In 2025, Russo Farms has been taking advantage of recent modernization of its equipment, utilizing new technology and making sure that it offers its customers the best quality and freshest product in the industry.
“We’re doing more in that regard, and might even be getting a drone this year,” Russo said. “The things we have purchased already, it’s worked out really well. The quality has never been better. We have gone through the entire spring with all the product off our farm without a single issue or rejection. I don’t know too many who can say that.”
Not that there aren’t challenges impacting the company. Along with the forementioned “too much product” out there, Russo points to labor and higher costs for just about everything across the board as issues Russo Farms is dealing with.

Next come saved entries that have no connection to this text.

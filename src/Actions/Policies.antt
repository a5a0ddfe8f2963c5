-- ===== src/Actions/Policies.antt =====
-- actions/policies.py: the built-in policies for tool calls. A predicate over the arguments may raise.
pub mod Laws
use headofcontext.Prelude.{
  String, Bool, true, false, not, ◌||◌, Option, none, some, List, [], ◌∷◌, any, is_none, map,
  if◌then◌else◌,
}
use headofcontext.Core.Errors.{Exception, Result, ok, err, ◌>>=◌}
use headofcontext.Core.Capability
use headofcontext.Core.Capability.{Kind, Capability, kind_eq}
use headofcontext.Core.Chain.{PrincipalChain}
use headofcontext.Core.Decision.{
  deny, require_approval, Action, Verdict, policy_allowed, most_restrictive, DecisionContext,
  Policy,
}

-- `_matches`: the resource becomes an ACT capability, which its constructor validates.
unfoldable pub matches : List Capability → String → Result Bool
matches [] resource = ok false
matches (p ∷ rest) resource =
    let later = matches rest resource in
    elim (Capability.make Kind.act resource) [
      | err e ↦ err e
      | ok cap ↦ if Capability.covers p cap then ok true else later
    ]

-- `[Capability(Kind.ACT, t) for t in tools]`.
unfoldable pub patterns_of : List String → Result (List Capability)
patterns_of [] = ok []
patterns_of (t ∷ rest) = do
  cap ← Capability.make Kind.act t
  caps ← patterns_of rest
  ok (cap ∷ caps)

-- `action.kind is not Kind.ACT or not _matches(patterns, resource)`.
unfoldable pub is_outside : List Capability → Action → String → Result Bool
is_outside patterns action resource =
    if not (kind_eq action.kind Kind.act)
    then ok true
    else elim (matches patterns resource) [ ok found ↦ ok (not found) | err e ↦ err e ]

abbrev pub verdict_error : Verdict
verdict_error = record { outcome = deny; reason = "policy_error" }

-- The objects; `patterns` is what the constructor makes of the tools by `patterns_of`.
pub record RequireApproval (Args : Type 0) : Type 0 where
  pub patterns : List Capability
  pub when : Option (Args → Result Bool)
  pub reason : String

pub record DenyWhen (Args : Type 0) : Type 0 where
  pub patterns : List Capability
  pub predicate : Args → Result Bool
  pub reason : String

-- The end of `RequireApproval.evaluate`: only the context can carry an approval.
unfoldable pub ask : String → DecisionContext → Verdict
ask reason context =
    if is_none context.approval_id
    then record { outcome = require_approval; reason = reason }
    else policy_allowed

-- The guard on `when`, by the predicate's answer if there is one.
unfoldable pub ask_when : Option (Result Bool) → String → DecisionContext → Verdict
unfolding ask
ask_when none reason context = ask reason context
ask_when (some (ok true)) reason context = ask reason context
ask_when (some (ok false)) reason context = policy_allowed
ask_when (some (err e)) reason context = verdict_error

unfoldable pub deny_if : Result Bool → String → Verdict
deny_if (ok hit) reason = if hit then record { outcome = deny; reason = reason } else policy_allowed
deny_if (err e) reason = verdict_error

module _ {Args : Type 0} where
  abbrev pub answer : Option (Args → Result Bool) → Args → Option (Result Bool)
  answer none args = none
  answer (some f) args = some (f args)

  unfoldable pub require_approval_evaluate : RequireApproval Args → Policy Args
  unfolding ask_when
  require_approval_evaluate p chain action resource args context = do
    outside ← is_outside p.patterns action resource
    ok (if outside then policy_allowed else ask_when (answer p.when args) p.reason context)

  unfoldable pub deny_when_evaluate : DenyWhen Args → Policy Args
  unfolding deny_if
  deny_when_evaluate p chain action resource args context = do
    outside ← is_outside p.patterns action resource
    ok (if outside then policy_allowed else deny_if (p.predicate args) p.reason)

  -- The loop of `CompositePolicy.evaluate`; an exception of a policy leaves the loop.
  unfoldable pub combine_from : Verdict → List (Policy Args) → Policy Args
  combine_from verdict [] chain action resource args context = ok verdict
  combine_from verdict (policy ∷ rest) chain action resource args context = do
    v ← policy chain action resource args context
    combine_from (most_restrictive verdict v) rest chain action resource args context

  unfoldable pub composite_evaluate : List (Policy Args) → Policy Args
  unfolding combine_from
  composite_evaluate policies = combine_from policy_allowed policies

“The main thing is to work with the customers we have and really be consistent,” he said. “Our whole business is not about home runs; it never has been and never will be. It’s about consistency and a lot of things we do is on a year-round basis. That’s why we’re focused on what we do. We focus on and grow our core items.”
Working in New Jersey, the company goes from its core items from the winter to a bigger variety in the summer, working with its neighbors on things like peaches, blueberries, peppers, squash, lettuce and more.
“The best part of working with Jersey product is that it’s in my backyard,” Russo said. “For instance, our lettuces, we pack them in the field, they’re cooled and on the truck that night. It’s a big differentiator from California where the product is four-days old when it arrives on a good scenario. If we do everything right, the customer will get four more days shelf life.”
That is particularly important for yellow squash, he added, which no matter how good the weather is, on the best day, the product is breaking down, so the sooner it gets at the customer’s door, the better.
“A lot of the items grown in New Jersey, like eggplants, the minute they are picked, they start to show age,” Russo said.
Behind the scenes at the company, Russo Farms brought in two new high-level managers — Anthony Mortellite, whose family has been in blueberries for his entire life; and Rafael Perez, who is working in logistics and production.